Not only is attaining a degree important, but where that degree is from matters as well. The largest poll of college graduates in history, the Gallup-Purdue Index, found that only 30% of college graduates feel fully engaged at their workplace. This study also found that when students felt they were mentored by professors who “made them excited to learn, cared about them personally, and encouraged them to pursue their dreams, it doubled the likelihood that they were engaged with their work as adults and doing well overall.” Moreover, 19% of college freshmen do not become sophomores and a 2016 survey of 700,000 students who started at a community college, only 14% of them transferred to a four-year institution and graduated within 6 years.

On the other end of the spectrum, the author gathered up a list of the most selective schools which he defined as undergraduate institutions where the average incoming SAT score was at least 1400. This list of 45 schools included the Ivy League and schools like UC Berkeley, the University of Michigan, and the University of Virginia.
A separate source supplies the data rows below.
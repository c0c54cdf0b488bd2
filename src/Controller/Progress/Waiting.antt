-- ===== src/Controller/Progress/Waiting.antt =====
-- The attempts of `handleWaitingForAttachmentPhase`.
use vm_file_restore_operator.Base.{
  ℕ, ◌+◌, ◌≡◌, ◌≢◌, ◌≤◌, refl, String, true, Option, none, inl, inr, leb, arith, Bool-cases,
}
use vm_file_restore_operator.Errors.{Error}
use vm_file_restore_operator.Types.{
  Status, Time, VolumeStatus, waiting_for_attachment, ssh_connecting, failed, FileRestore,
}
use vm_file_restore_operator.Monad.{◌>>=◌, ◌>>◌, on_option}
use vm_file_restore_operator.Monad.Rules.{Ends, Keeps, ends_rules, Ends-from, Ends-bind, Ends-seq}
use vm_file_restore_operator.Api.{Api}
use vm_file_restore_operator.Server.{IsServer}
use vm_file_restore_operator.Controller.State.{St, Reply, fail, the_restore}
use vm_file_restore_operator.Controller.Both.{
  Holds, the_restore-Keeps, set_status-Keeps, now-Keeps-Holds,
}
use vm_file_restore_operator.Controller.Lifted.{get_instance-Kept}
use vm_file_restore_operator.Controller.Steps.{attachment, transition_phase}
use vm_file_restore_operator.Controller.Attachment.{
  handle_waiting_for_attachment_phase, attachment_check, check_attachment, check_volume, rate_limit,
  reset_attachment_retries, attachment_or_timeout,
}
use vm_file_restore_operator.Controller.Progress.{
  Progress, At, Ended, InPhase, patch-At, patch-InPhase, At-InPhase, At-read, assign-At,
  fail_restore-leaves, pure-error-Ended, transition_phase-Progress, fail_restore-Progress,
  increment-Progress,
}
use vm_file_restore_operator.Controller.Progress.Attempts.{Attempts, Attempts-count}

failed≢waiting : failed ≢ waiting_for_attachment
failed≢waiting e = cc

connecting≢waiting : ssh_connecting ≢ waiting_for_attachment
connecting≢waiting e = cc

module _ (api : Api) (stored : api.World → Status) (server : IsServer api stored)
    (namespace : String) where
  open api use {World}

  module _ (n : ℕ) where
    abbrev Here : St World → Type 0
    Here = At api stored server waiting_for_attachment attachment n

    abbrev Done : Reply → St World → Type 0
    Done = Ended api stored server waiting_for_attachment attachment n

    abbrev In : Status → Type 0
    In = InPhase api stored server waiting_for_attachment attachment

    reset-Keeps :
        (base : FileRestore)
        → Keeps (Holds api stored server In In) (reset_attachment_retries api namespace base)
    unfolding reset_attachment_retries
    reset-Keeps base =
        search
          (
            ends_rules,
            set_status-Keeps api stored server In In,
            patch-InPhase api stored server waiting_for_attachment attachment,
          )
          depth 9

    attached-Progress : Ends Here Done (
        the_restore >>= λ base.
        reset_attachment_retries api namespace base
        >> transition_phase api ssh_connecting "Volume attached, establishing SSH connection")
    attached-Progress =
        Ends-from _ (At-InPhase api stored server waiting_for_attachment attachment n) (
          Ends-bind _ _ (the_restore-Keeps api stored server In In) λ base.
            Ends-seq _ _ (reset-Keeps base) (
              transition_phase-Progress api stored server waiting_for_attachment attachment n
                ssh_connecting _ connecting≢waiting))

    check_volume-Progress :
        (name : String) (found : Option VolumeStatus)
        → Ends Here Done (check_volume api namespace name found)
    unfolding check_volume
    check_volume-Progress name found =
        search
          (
            ends_rules,
            attached-Progress,
            increment-Progress api stored server waiting_for_attachment attachment n,
            fail_restore-Progress api stored server waiting_for_attachment attachment n,
            failed≢waiting,
          )
          depth 9

    check_attachment-Progress : Ends Here Done (check_attachment api namespace)
    unfolding check_attachment
    check_attachment-Progress =
        search
          (
            ends_rules,
            check_volume-Progress,
            the_restore-Keeps api stored server,
            get_instance-Kept api stored server,
            now-Keeps-Holds api stored server,
            assign-At api stored server waiting_for_attachment attachment n,
            patch-At api stored server waiting_for_attachment attachment n,
            pure-error-Ended api stored server waiting_for_attachment attachment n,
            fail_restore-Progress api stored server waiting_for_attachment attachment n,
            failed≢waiting,
          )
          depth 14

    rate_limit-Keeps : (last : Option Time) → Keeps Here (rate_limit api namespace last)
    unfolding rate_limit
    rate_limit-Keeps last = search (ends_rules, now-Keeps-Holds api stored server)

  -- The 5 seconds since the last check are over.
  abbrev pub IsDue : St World → Type 0
  IsDue s = (rate_limit api namespace s.restore.status.last_attachment_check_time s).0 ≡ none

  abbrev read :
      (s : St World)
      → s.restore.status ≡ stored s.world
      → s.restore.status.phase ≡ waiting_for_attachment
      → At api stored server waiting_for_attachment attachment s.restore.status.attachment_retries s
  read s same here = At-read api stored server waiting_for_attachment attachment _ s same here refl

  attempt :
      (s : St World)
      → s.restore.status ≡ stored s.world
      → IsDue s
      → s.restore.status.phase ≡ waiting_for_attachment
      → Progress waiting_for_attachment attachment s.restore.status.attachment_retries
          (handle_waiting_for_attachment_phase api namespace s).0
          (stored (handle_waiting_for_attachment_phase api namespace s).1.world)
  unfolding handle_waiting_for_attachment_phase attachment_or_timeout attachment_check the_restore
      ◌>>=◌
  attempt s same due here =
      let n = s.restore.status.attachment_retries in
      elim (Bool-cases (leb 60 n)) [
        | inl over ↦
            rw over
              ((fail_restore-Progress api stored server waiting_for_attachment attachment n
                  namespace _ _ failed≢waiting).at
                s (read s same here)).1
        | inr under ↦
            let kept =
              (rate_limit-Keeps n s.restore.status.last_attachment_check_time).at s
                (read s same here) in
            rw under (rw (due, on_option) ((check_attachment-Progress n).at _ kept).1)
      ]

  timeout :
      (s : St World)
      → s.restore.status ≡ stored s.world
      → s.restore.status.phase ≡ waiting_for_attachment
      → 60 ≤ s.restore.status.attachment_retries
      → ((e : Error) → (handle_waiting_for_attachment_phase api namespace s).0 ≢ fail e)
      → (stored (handle_waiting_for_attachment_phase api namespace s).1.world).phase
        ≢ waiting_for_attachment
  unfolding handle_waiting_for_attachment_phase attachment_or_timeout the_restore ◌>>=◌
  timeout s same here over no_error =
      let n = s.restore.status.attachment_retries in
      let t : leb 60 n ≡ true = ground arith in
      rw t (
        fail_restore-leaves api stored server waiting_for_attachment attachment n namespace _ _ s
          failed≢waiting (read s same here) (rw t at no_error))

  -- With a server that keeps IsServer: attempts to see the volume attached that are due, give no
  -- error and leave the restore in WaitingForAttachment are each counted in the stored status, from
  -- the object as it is stored, and with the retries before the first they are at most 60, whatever
  -- the calls answer.
  pub handle_waiting_for_attachment_phase-ends :
      (first last : Status) (n : ℕ)
      → Attempts api stored waiting_for_attachment attachment IsDue
          (handle_waiting_for_attachment_phase api namespace)
          first
          n
          last
      → first.phase ≡ waiting_for_attachment
      → first.attachment_retries ≤ 60
      → (last.phase ≡ waiting_for_attachment)
        × (last.attachment_retries ≡ n + first.attachment_retries)
        × (n + first.attachment_retries ≤ 60)
  handle_waiting_for_attachment_phase-ends =
      Attempts-count api stored waiting_for_attachment attachment IsDue
        (handle_waiting_for_attachment_phase api namespace) 60
        (record { attempt = attempt; timeout = timeout })
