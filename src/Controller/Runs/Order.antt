-- ===== src/Controller/Runs/Order.antt =====
-- The order of the phases along a run.
use vm_file_restore_operator.Base.{
  ◌≡◌, ◌<◌, ◌⊎◌, inl, inr, refl, sym, subst, ◌∙◌, ap, String, ℕ, true, arith,
}
use vm_file_restore_operator.Types.{
  Status, RestorePhase, unset, new, init, hotplugging, waiting_for_attachment, ssh_connecting,
  restoring, volume_ready, cleanup, succeeded, failed, other,
}
use vm_file_restore_operator.Api.{Api}
use vm_file_restore_operator.Server.{IsServer}
use vm_file_restore_operator.Controller.Graph.{
  is_settled, ◌⟶◌, Moves, may_fail, accept_unset, accept_new, accept_init, plug, attach, connect,
  mount, copy, finish, give_up,
}
use vm_file_restore_operator.Controller.Persistence.Reconciling.{reconcile-Moves_seen}
use vm_file_restore_operator.Controller.Runs.{Step, Runs, reconciled, outside, here, after}
use vm_file_restore_operator.Controller.Bounds.Steps.{InRange}
use vm_file_restore_operator.Controller.Bounds.Reconciling.{reconcile-InRange}

-- How far a restore has come.
rank : RestorePhase → ℕ
rank hotplugging = 1
rank waiting_for_attachment = 2
rank ssh_connecting = 3
rank restoring = 4
rank volume_ready = 5
rank cleanup = 5
rank succeeded = 6
rank failed = 6
rank _ = 0

abbrev Forward : RestorePhase → RestorePhase → Type 0
Forward p q = (q ≡ p) ⊎ (rank p < rank q)

may_fail-rank : (p : RestorePhase) → may_fail p ≡ true → rank p < 6
unfolding rank
may_fail-rank unset h = omega arith
may_fail-rank new h = omega arith
may_fail-rank init h = omega arith
may_fail-rank hotplugging h = omega arith
may_fail-rank waiting_for_attachment h = omega arith
may_fail-rank ssh_connecting h = omega arith
may_fail-rank restoring h = omega arith
may_fail-rank volume_ready h = cc
may_fail-rank cleanup h = omega arith
may_fail-rank succeeded h = cc
may_fail-rank failed h = cc
may_fail-rank (other s) h = omega arith

⟶-rank : (p q : RestorePhase) → p ⟶ q → rank p < rank q
unfolding rank
⟶-rank _ _ accept_unset = omega arith
⟶-rank _ _ accept_new = omega arith
⟶-rank _ _ accept_init = omega arith
⟶-rank _ _ plug = omega arith
⟶-rank _ _ attach = omega arith
⟶-rank _ _ connect = omega arith
⟶-rank _ _ mount = omega arith
⟶-rank _ _ copy = omega arith
⟶-rank _ _ finish = omega arith
⟶-rank p _ (give_up h) = may_fail-rank p h

Moves-Forward : (p q : RestorePhase) → Moves p q → Forward p q
Moves-Forward p q (inl same) = inl same
Moves-Forward p q (inr e) = inr (⟶-rank p q e)

Forward-trans : (p q r : RestorePhase) → Forward p q → Forward q r → Forward p r
Forward-trans p q r (inl x) (inl y) = inl (y ∙ x)
Forward-trans p q r (inl x) (inr y) = inr (rw (sym x) y)
Forward-trans p q r (inr x) (inl y) = inr (rw y x)
Forward-trans p q r (inr x) (inr y) = inr (omega arith)

-- No edge leaves the final phases, nor `VolumeReady`, the last of the manual mode.
not-settled_⟶ : (p q : RestorePhase) → p ⟶ q → ¬ (is_settled p ≡ true)
not-settled_⟶ _ _ accept_unset h = cc
not-settled_⟶ _ _ accept_new h = cc
not-settled_⟶ _ _ accept_init h = cc
not-settled_⟶ _ _ plug h = cc
not-settled_⟶ _ _ attach h = cc
not-settled_⟶ _ _ connect h = cc
not-settled_⟶ _ _ mount h = cc
not-settled_⟶ _ _ copy h = cc
not-settled_⟶ _ _ finish h = cc
not-settled_⟶ p _ (give_up k) h = cc

module _ (api : Api) (stored : api.World → Status) (server : IsServer api stored)
    (namespace : String) where
  open api use {World}

  pub Step-Moves :
      (w w' : World) → Step api stored namespace w w' → Moves (stored w).phase (stored w').phase
  Step-Moves _ _ (reconciled k w sees) = reconcile-Moves_seen api stored server namespace k w sees
  Step-Moves _ _ (outside w w' e) = inl (ap (λ st. st.phase) e)

  Runs-Forward :
      (w w' : World) → Runs api stored namespace w w' → Forward (stored w).phase (stored w').phase
  Runs-Forward _ _ (here w) = inl refl
  Runs-Forward w w' (after {m = m} s r) =
      Forward-trans _ _ _ (Moves-Forward _ _ (Step-Moves w m s)) (Runs-Forward m w' r)

  -- With a server that keeps `IsServer`, along a sequence of reconciliations, each of which reads the
  -- status as it is stored, a stored phase that has been left is not entered again: where the phase
  -- at the end is the one at the start, it was that at every point between.
  pub Runs-never_back :
      (w m w' : World)
      → Runs api stored namespace w m
      → Runs api stored namespace m w'
      → (stored w').phase ≡ (stored w).phase
      → (stored m).phase ≡ (stored w).phase
  Runs-never_back w m w' r r' e = elim (Runs-Forward w m r) [
    | inl same ↦ same
    | inr up ↦ elim (Runs-Forward m w' r') [
      | inl same ↦ sym same ∙ e
      | inr further ↦
          let k : rank (stored w').phase ≡ rank (stored w).phase = ap rank e in absurd (omega arith)
    ]
  ]

  pub Step-settled :
      (w w' : World)
      → Step api stored namespace w w'
      → is_settled (stored w).phase ≡ true
      → (stored w').phase ≡ (stored w).phase
  Step-settled w w' s h = elim (Step-Moves w w' s) [
    | inl same ↦ same
    | inr e ↦ absurd (not-settled_⟶ _ _ e h)
  ]

  -- With a server that keeps `IsServer`, a restore that has reached `VolumeReady`, `Succeeded` or
  -- `Failed` stays in that phase along every sequence of reconciliations, each of which reads the
  -- status as it is stored.
  pub Runs-settled :
      (w w' : World)
      → Runs api stored namespace w w'
      → is_settled (stored w).phase ≡ true
      → (stored w').phase ≡ (stored w).phase
  Runs-settled _ _ (here w) h = refl
  Runs-settled w w' (after {m = m} s r) h =
      let e : (stored m).phase ≡ (stored w).phase = Step-settled w m s h in
      Runs-settled m w' r (rw e h) ∙ e

  -- With a server that keeps `IsServer`, along every sequence of reconciliations, each of which reads
  -- the status as it is stored, that starts with the stored retry counters within their limits, 60
  -- and 24, they stay within them.
  pub Runs-InRange :
      (w w' : World)
      → Runs api stored namespace w w'
      → InRange 60 24 (stored w)
      → InRange 60 24 (stored w')
  Runs-InRange _ _ (here w) h = h
  Runs-InRange _ w' (after {m = m} (reconciled k w sees) r) h =
      Runs-InRange m w' r (reconcile-InRange api stored server namespace k w sees h)
  Runs-InRange _ w' (after {m = m} (outside w _ e) r) h =
      Runs-InRange m w' r (subst (InRange 60 24) (sym e) h)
Less than 3% of undergraduate students come from this list of schools, however, 33% of the U.S. Senate, 22% of Congress, 21% of Fortune 500 executives, 57% of MLB general managers, and 52% of New York Times staff writers come from these 45 schools. The takeaway, the school you attend matters.

Your Personal Goals

In the end, all that counts is achieving your goals and dreams. If being a senator or a Fortune 500 executive is not on your bucket list, then the $300,000 plus Ivy League price tag and stress and heartache of the academic rigor is probably not worth it. This decision can only be made in context of where you want to go and what you want to do. Talk about a lot of pressure for a 17-year-old and their family. It bears repeating that personal finance decisions (of which this is a very large one) are more personal than they are finance. You must ignore the crowds and the noise and make the best decision for you and your family. So, with the overwhelming amount of information how do you do that?

The Inside Scoop

Much of the frustration with higher education is the learning curve. Prospective students and their parents have a lot to digest with selecting a major, applications, FAFSA, student loan varieties, and cost analysis. If all those variables were not enough to juggle, the “merit aid” is only awarded after the student is accepted meaning the applicant’s family does not even know the true cost of attendance until after the arduous work of applying is completed. This is even more difficult for first generation college applicants given that the public high school average student to guidance counselor ratio is 430:1.

Ron recommends starting the college shopping process by first reading the president or chancellor’s page to get a sense of the school. Second, check out the university’s strategic plan. Ron also references TuitionFit, Edmit, MeritMore, the U.S. Department of Education’s College Scoreboard, and calls the school’s common data set (CDS) “required reading”. Each schools CDS can be found by googling the school and “common data set”. Once you have done your homework, it might make sense to seek the help of a personal college guidance counselor or a qualified financial planner to help think through applications and funding. I will echo Ron, if you are seeking out a financial professional you want to look for a fee-only financial planner with a CFP® designation.

My favorite quote from the book is from David Coleman who runs the College Board which administers the SAT. I think this quote applies to a lot of areas in life but especially in the context of higher education. David said, “You must push the rules of the system. One of the most misleading things we say in education is that a good school will ‘give you an excellent education.’ A great education is never given – it is taken.”